Jeder dieser älteren Menschen in unserem bekanntenkreis dreht dazu seine eigenen Gedanken, Vorsorge zu treffen, um sich im zweifelsfall einem unwürdigen Ende entziehen zu können. Das Thema wird zunehmend offener angesprochen - was ich erstaunlich finde.

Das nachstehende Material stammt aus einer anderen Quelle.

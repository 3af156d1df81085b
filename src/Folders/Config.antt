-- ===== src/Folders/Config.antt =====
-- core/bundled_folder_manager.cpp: reading, writing and caching the vx.json of a folder.
use vxcore.Prelude.Assoc.{lookup}
use vxcore.Prelude.{
  zero, inr, inl, [], not, leb, false, contains, true, suc, none, map, if◌then◌else◌, ◌⊎◌, ◌∷◌,
  some, Bool, ℕ, String, Option, List,
}
use vxcore.Errors.{err_json_parse, err_io, err_not_found, is_ok, vxcore_ok, VxCoreError}
use vxcore.Folders.{
  is_root, folder_config_changed, emit_event, cache_config, get_config_path, Outcome, FolderState,
  FileRecord, MetadataStore, FileSystem, Notebook, FolderConfig,
}
use vxcore.Utils.Paths.{concatenate_paths, split_path}

-- What GetFolderConfig gives.
pub data Got (J : Type 0) : Type 0 where
  got : FolderConfig J → Got J
  failed : VxCoreError → Got J
  out_of_fuel : Got J

module _ {D J : Type 0} (n : Notebook) (fs : FileSystem D J) where
  unfoldable pub load_folder_config : String → D → VxCoreError ⊎ FolderConfig J
  load_folder_config folder_path d =
      if not (fs.exists (get_config_path n folder_path) d)
      then inl err_not_found
      else (elim (fs.read_json (get_config_path n folder_path) d) [
        | none ↦ inl err_io
        | some none ↦ inl err_json_parse
        | some (some config) ↦ inr config
      ])

module _ {D S J : Type 0} (n : Notebook) (fs : FileSystem D J) where
  unfoldable pub save_folder_config :
      String → FolderConfig J → FolderState D S J → VxCoreError × FolderState D S J
  save_folder_config folder_path config st =
      let (written, d) = fs.write_json (get_config_path n folder_path) config st.disk in
      if written
      then (vxcore_ok, emit_event (folder_config_changed folder_path) record st { disk = d })
      else (err_io, record st { disk = d })

  -- The config is changed in the cache, through the pointer, and then written.
  unfoldable pub with_saved :
      String
      → FolderConfig J
      → FolderState D S J
      → (FolderState D S J → Outcome D S J)
      → Outcome D S J
  with_saved folder_path config st next =
      let (err, st') = save_folder_config folder_path config (cache_config folder_path config st) in
      if is_ok err then next st' else some (err, st')

module _ {S J : Type 0} (db : MetadataStore S J) where
  -- The first two loops of SyncFilesToStore.
  unfoldable pub delete_orphans : List String → List String → S → S
  delete_orphans ids [] s = s
  delete_orphans ids (stored ∷ rest) s =
      delete_orphans ids rest (if contains stored ids then s else (db.delete_file stored s).1)

  unfoldable pub add_or_update : String → List String → List (FileRecord J) → S → S
  add_or_update folder_id stored [] s = s
  add_or_update folder_id stored (file ∷ files) s =
      let updated = (db.update_file file.id file.name file.modified_utc file.metadata s).1 in
      add_or_update folder_id stored files (
        if contains file.id stored
        then (db.set_file_tags file.id file.tags updated).1
        else (db.create_file file folder_id s).1)

  unfoldable pub sync_files_to_store : String → List (FileRecord J) → S → S
  sync_files_to_store folder_id files s =
      let stored = db.list_file_ids folder_id s in
      add_or_update folder_id stored files (delete_orphans (map (λ f. f.id) files) stored s)

  -- The head of SyncFolderToStore: whether its subfolders are to be visited, and the store.
  unfoldable pub sync_folder_record : FolderConfig J → String → S → Bool × S
  sync_folder_record config parent_id s = elim (db.get_folder_modified config.id s) [
    | some modified ↦
        let (updated, s') =
          db.update_folder config.id config.name config.modified_utc config.metadata s in
        if leb config.modified_utc modified
        then (false, s)
        else if updated
        then (true, sync_files_to_store config.id config.files s')
        else (false, s')
    | none ↦
        let (created, s') = db.create_folder config parent_id s in
        if created then (true, sync_files_to_store config.id config.files s') else (false, s')
  ]

unfoldable pub parent_id_of : {J : Type 0} → Got J → Option String
parent_id_of (got config) = some config.id
parent_id_of (failed err) = some ""
parent_id_of out_of_fuel = none

module _ {D S J : Type 0} where
  -- The loop over the subfolders; one that cannot be read is passed over. `false`: out of fuel.
  unfoldable pub visit_subfolders :
      (String → FolderState D S J → Got J × FolderState D S J)
      → String
      → List String
      → FolderState D S J
      → Bool × FolderState D S J
  visit_subfolders visit folder_path [] st = (true, st)
  visit_subfolders visit folder_path (name ∷ names) st =
      let (found, st') = visit (concatenate_paths folder_path name) st in
      elim found [
        | out_of_fuel ↦ (false, st')
        | failed err ↦ visit_subfolders visit folder_path names st'
        | got config ↦ visit_subfolders visit folder_path names st'
      ]

module _ {D S J : Type 0} (db : MetadataStore S J) where
  -- SyncFolderToStore of a folder that was just read and stands in the cache.
  unfoldable pub sync_folder_to_store :
      (String → FolderState D S J → Got J × FolderState D S J)
      → String
      → FolderConfig J
      → String
      → FolderState D S J
      → Got J × FolderState D S J
  sync_folder_to_store visit folder_path config parent_id st = elim st.store [
    | none ↦ (got config, st)
    | some s ↦
        let (go_on, s') = sync_folder_record db config parent_id s in
        elim go_on [
          | false ↦ (got config, record st { store = some s' })
          | true ↦
              let (all, st') =
                visit_subfolders visit folder_path config.folders record st { store = some s' } in
              (if all then got config else out_of_fuel, st')
        ]
  ]

module _ {D S J : Type 0} (n : Notebook) (fs : FileSystem D J) (db : MetadataStore S J) where
  -- GetFolderConfig, with GetParentFolderId and SyncFolderToStore, which call it again; the parent's id
  -- is given where the folder is visited from its parent.
  unfoldable pub get_folder_config :
      ℕ → String → Option String → FolderState D S J → Got J × FolderState D S J
  get_folder_config zero folder_path parent_id st = (out_of_fuel, st)
  get_folder_config (suc fuel) folder_path parent_id st =
      elim (lookup folder_path st.config_cache) [
        | some config ↦ (got config, st)
        | none ↦ elim (load_folder_config n fs folder_path st.disk) [
          | inl err ↦ (failed err, st)
          | inr config ↦
              let st' = cache_config folder_path config st in
              let visit : String → FolderState D S J → Got J × FolderState D S J =
                λ p st. get_folder_config fuel p (some config.id) st in
              elim parent_id [
                | some id ↦ sync_folder_to_store db visit folder_path config id st'
                | none ↦ elim (is_root folder_path) [
                  | true ↦ sync_folder_to_store db visit folder_path config "" st'
                  | false ↦
                      let (found, st'') =
                        get_folder_config fuel (split_path folder_path).0 none st' in
                      elim (parent_id_of found) [
                        | none ↦ (out_of_fuel, st'')
                        | some id ↦ sync_folder_to_store db visit folder_path config id st''
                      ]
                ]
              ]
        ]
      ]

  -- An operation goes on with the folder's config, or returns the error.
  unfoldable pub with_config :
      ℕ
      → String
      → FolderState D S J
      → (FolderConfig J → FolderState D S J → Outcome D S J)
      → Outcome D S J
  with_config fuel folder_path st next =
      let (found, st') = get_folder_config fuel folder_path none st in
      elim found [
        | got config ↦ next config st'
        | failed err ↦ some (err, st')
        | out_of_fuel ↦ none
      ]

Gleichzeitig wird das Thema groß in vielen medien debattiert, oft illustriert mit gruseligen Geschichten schiefgegangener Freitodversuche und Szenen elenden Sterbens. Da ich schon häufig festgestellt habe, dass das Medienbild eben ein Bild - also nur eine Darstellungsmöglichkeit von unendlich vielen - ist, möchte ich mich gern in anderen Quellen schlau machen. Schließlich werde auch ich wohl irgendwann in eine Lebensphase kommen, da ich gern wüsste, wo die „lezte Tür“ ist, durch die ich selber gehen kann.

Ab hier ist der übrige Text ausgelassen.